Other water sources, such as cooling towers, have also been associated with outbreaks of disease in hospitals.  Thus, it should be obvious that the regular monitoring and risk assessments of all relevant sites in and around these buildings can provide important information for disease prevention.

Legionella and Amoebae

It has been well documented that Legionella in environmental water habitats multiply as intracellular parasites within amoebae and other free-living protozoa.  It is indeed a strange quirk of fate that the phagocytic cells in the human lung appear to be "close cousins" to the amoebae, such that the Legionella inhaled into the lung multiply in these phagocytic cells much the same way they do within amoebae in the environment.  Actually, they appear to grow better because the warm temperature of the human body also provides a more ideal environment for rapid growth of these bacteria.  The relevance of this observation is that amoebae are probably essential participants in the Legionnaires' Disease phenomenon.  Thus, the presence of amoebae in the water at particular sites of concern could be used as an indicator of the risk for Legionella replication.  Unfortunately, the amoebae seem to be so common that correlations with types and numbers of amoebae or other protozoa have not been established to date.

Summary

Many of the sites in buildings that have been identified as sources of Legionella proliferation already utilize some type of chemical disinfection for purposes of controlling microbial populations (particularly human pathogens), such as the biocides added to cooling towers, and the chlorine or bromine added to whirlpool spas and drinking water.  Thus, the first concern for a building owner or facilities manager must be the optimal operation of the disinfection and other maintenance procedures.  For a more in depth discussion of the disinfection procedures utilized for control of Legionella, the reader is referred to the recent article by Rosa in the November, 1994 issue of this magazine.

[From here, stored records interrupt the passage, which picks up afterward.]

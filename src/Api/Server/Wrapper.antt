-- ===== src/Api/Server/Wrapper.antt =====
-- internal/api/server/server.gen.go: the wrapper, which binds a request's parameters for the strict
-- handler, and the routes. `U` is the type of the values of a query.
use policy_manager.Base.{String, Option, Result, ok, err, ◌>>=◌, map_err, List, [], ◌∷◌}
use policy_manager.Base.Int.{ℤ}
use policy_manager.Base.Text.{sprintf}
use policy_manager.Http.{Writer, new_writer, http_error, HttpResponse, received}
use policy_manager.Api.Codec.{Codec}
use policy_manager.Api.Server.{ListPoliciesParams}
use policy_manager.Api.Server.Strict.{StrictServer}
use policy_manager.Api.Server.Strict

-- runtime.BindQueryParameter at *string and at *int32, and runtime.BindStyledParameterWithOptions at the
-- path parameter.
pub record Binding (U : Type 0) : Type 0 where
  pub bind_string : String → U → Result String (Option String)
  pub bind_int32 : String → U → Result String (Option ℤ)
  pub bind_path : String → String → Result String String

-- `(InvalidParamFormatError).Error`
unfoldable pub invalid_param_format : String → String → String
invalid_param_format param_name e =
    sprintf ("Invalid format for parameter " ∷ param_name ∷ ": " ∷ e ∷ [])

-- The default ErrorHandlerFunc of `HandlerWithOptions`.
abbrev pub bind_error : String → Writer → Writer
bind_error message w = http_error message 400 w

-- One binding with its error.
abbrev pub bound {ℓ} : {A : Type ℓ} → String → Result String A → Result String A
bound param_name r = map_err (invalid_param_format param_name) r

-- A request as the wrapper reads it; `policy_id` is chi.URLParam of "policyId".
pub record HttpRequest (U : Type 0) : Type 0 where
  pub policy_id : String
  pub query : U
  pub body : String

pub data Operation : Type 0 where
  get_health list_policies create_policy delete_policy get_policy update_policy : Operation

-- The routes of `HandlerWithOptions`.
unfoldable pub routes : String → List (String × String × Operation)
routes base_url =
    ("GET", sprintf (base_url ∷ "/health" ∷ []), get_health)
    ∷ ("GET", sprintf (base_url ∷ "/policies" ∷ []), list_policies)
    ∷ ("POST", sprintf (base_url ∷ "/policies" ∷ []), create_policy)
    ∷ ("DELETE", sprintf (base_url ∷ "/policies/{policyId}" ∷ []), delete_policy)
    ∷ ("GET", sprintf (base_url ∷ "/policies/{policyId}" ∷ []), get_policy)
    ∷ ("PATCH", sprintf (base_url ∷ "/policies/{policyId}" ∷ []), update_policy)
    ∷ []

module _ {W U : Type 0} (binding : Binding U) (codec : Codec) (ssi : StrictServer W) where
  list_params : U → Result String ListPoliciesParams
  list_params query = do
    page_token ← bound "page_token" (binding.bind_string "page_token" query)
    max_page_size ← bound "max_page_size" (binding.bind_int32 "max_page_size" query)
    filter ← bound "filter" (binding.bind_string "filter" query)
    order_by ← bound "order_by" (binding.bind_string "order_by" query)
    ok (record {
      page_token = page_token;
      max_page_size = max_page_size;
      filter = filter;
      order_by = order_by;
    })

  list_bound : Result String ListPoliciesParams → Writer → W → Writer
  list_bound (err e) w s = bind_error e w
  list_bound (ok params) w s = Strict.list_policies codec ssi params w s

  create_bound : Result String (Option String) → String → Writer → W → Writer × W
  create_bound (err e) body w s = (bind_error e w, s)
  create_bound (ok id) body w s = Strict.create_policy codec ssi id body w s

  delete_bound : Result String String → Writer → W → Writer × W
  delete_bound (err e) w s = (bind_error e w, s)
  delete_bound (ok policy_id) w s = Strict.delete_policy codec ssi policy_id w s

  get_bound : Result String String → Writer → W → Writer
  get_bound (err e) w s = bind_error e w
  get_bound (ok policy_id) w s = Strict.get_policy codec ssi policy_id w s

  update_bound : Result String String → String → Writer → W → Writer × W
  update_bound (err e) body w s = (bind_error e w, s)
  update_bound (ok policy_id) body w s = Strict.update_policy codec ssi policy_id body w s

  path_id : HttpRequest U → Result String String
  path_id r = bound "policyId" (binding.bind_path "policyId" r.policy_id)

  -- The methods of `ServerInterfaceWrapper`, with no middlewares.
  unfoldable pub wrapped : Operation → HttpRequest U → Writer → W → Writer × W
  unfolding list_params list_bound create_bound delete_bound get_bound update_bound path_id
  wrapped get_health r w s = (Strict.get_health codec ssi w s, s)
  wrapped list_policies r w s = (list_bound (list_params r.query) w s, s)
  wrapped create_policy r w s =
      create_bound (bound "id" (binding.bind_string "id" r.query)) r.body w s
  wrapped delete_policy r w s = delete_bound (path_id r) w s
  wrapped get_policy r w s = (get_bound (path_id r) w s, s)
  wrapped update_policy r w s = update_bound (path_id r) r.body w s

  -- A request that has been routed, from the wire to the wire.
  unfoldable pub serve : Operation → HttpRequest U → W → HttpResponse × W
  serve operation r s = let (w, s') = wrapped operation r new_writer s in (received w, s')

Nevertheless, failure of the disinfection systems may occur for a variety of reasons, occasionally leading to uncontrolled proliferation of Legionella at these sites.  The only way to reliably determine the risk for Legionnaires' disease is to analyze the water directly for the numbers of Legionella.  With a regular monitoring program coupled to good maintenance procedures, Legionnaires' Disease is a preventable illness. This principle of prevention has been adopted by OSHA for work place exposure to Legionella, and they are actively pursuing violations under the "general duty" clause.   Hospitals, nursing homes, and other healthcare facilities obviously have a special concern because of the susceptible population.  Other locations such as hotels, resorts, and cruise ships are also concerned about Legionella because of past outbreaks of disease and the accompanying bad publicity, loss of business, etc.

Based on our knowledge of Legionella and Legionnaires disease, it is surprising, that there are currently no guidelines from federal public health officials with regard to monitoring for Legionella or otherwise controlling the risk of Legionnaires' disease (although there are in some other countries).  Nevertheless, there are still very real and very large financial and legal implications associated with an outbreak of Legionnaires' Disease.  Having a large baseline of data on the status of Legionella in a building can not only help prevent disease in the first place, but also reduce the liability if cases of disease do occur.   In an attempt to provide some guidance in this area, the American Society of Heating, Refrigerating, and Air-Conditioning Engineers, Inc. (ASHRAE) has been actively working on a position statement and proposed guidelines for control of Legionnaires' Disease, and it is likely that they will be addressing many of these issues in the near future.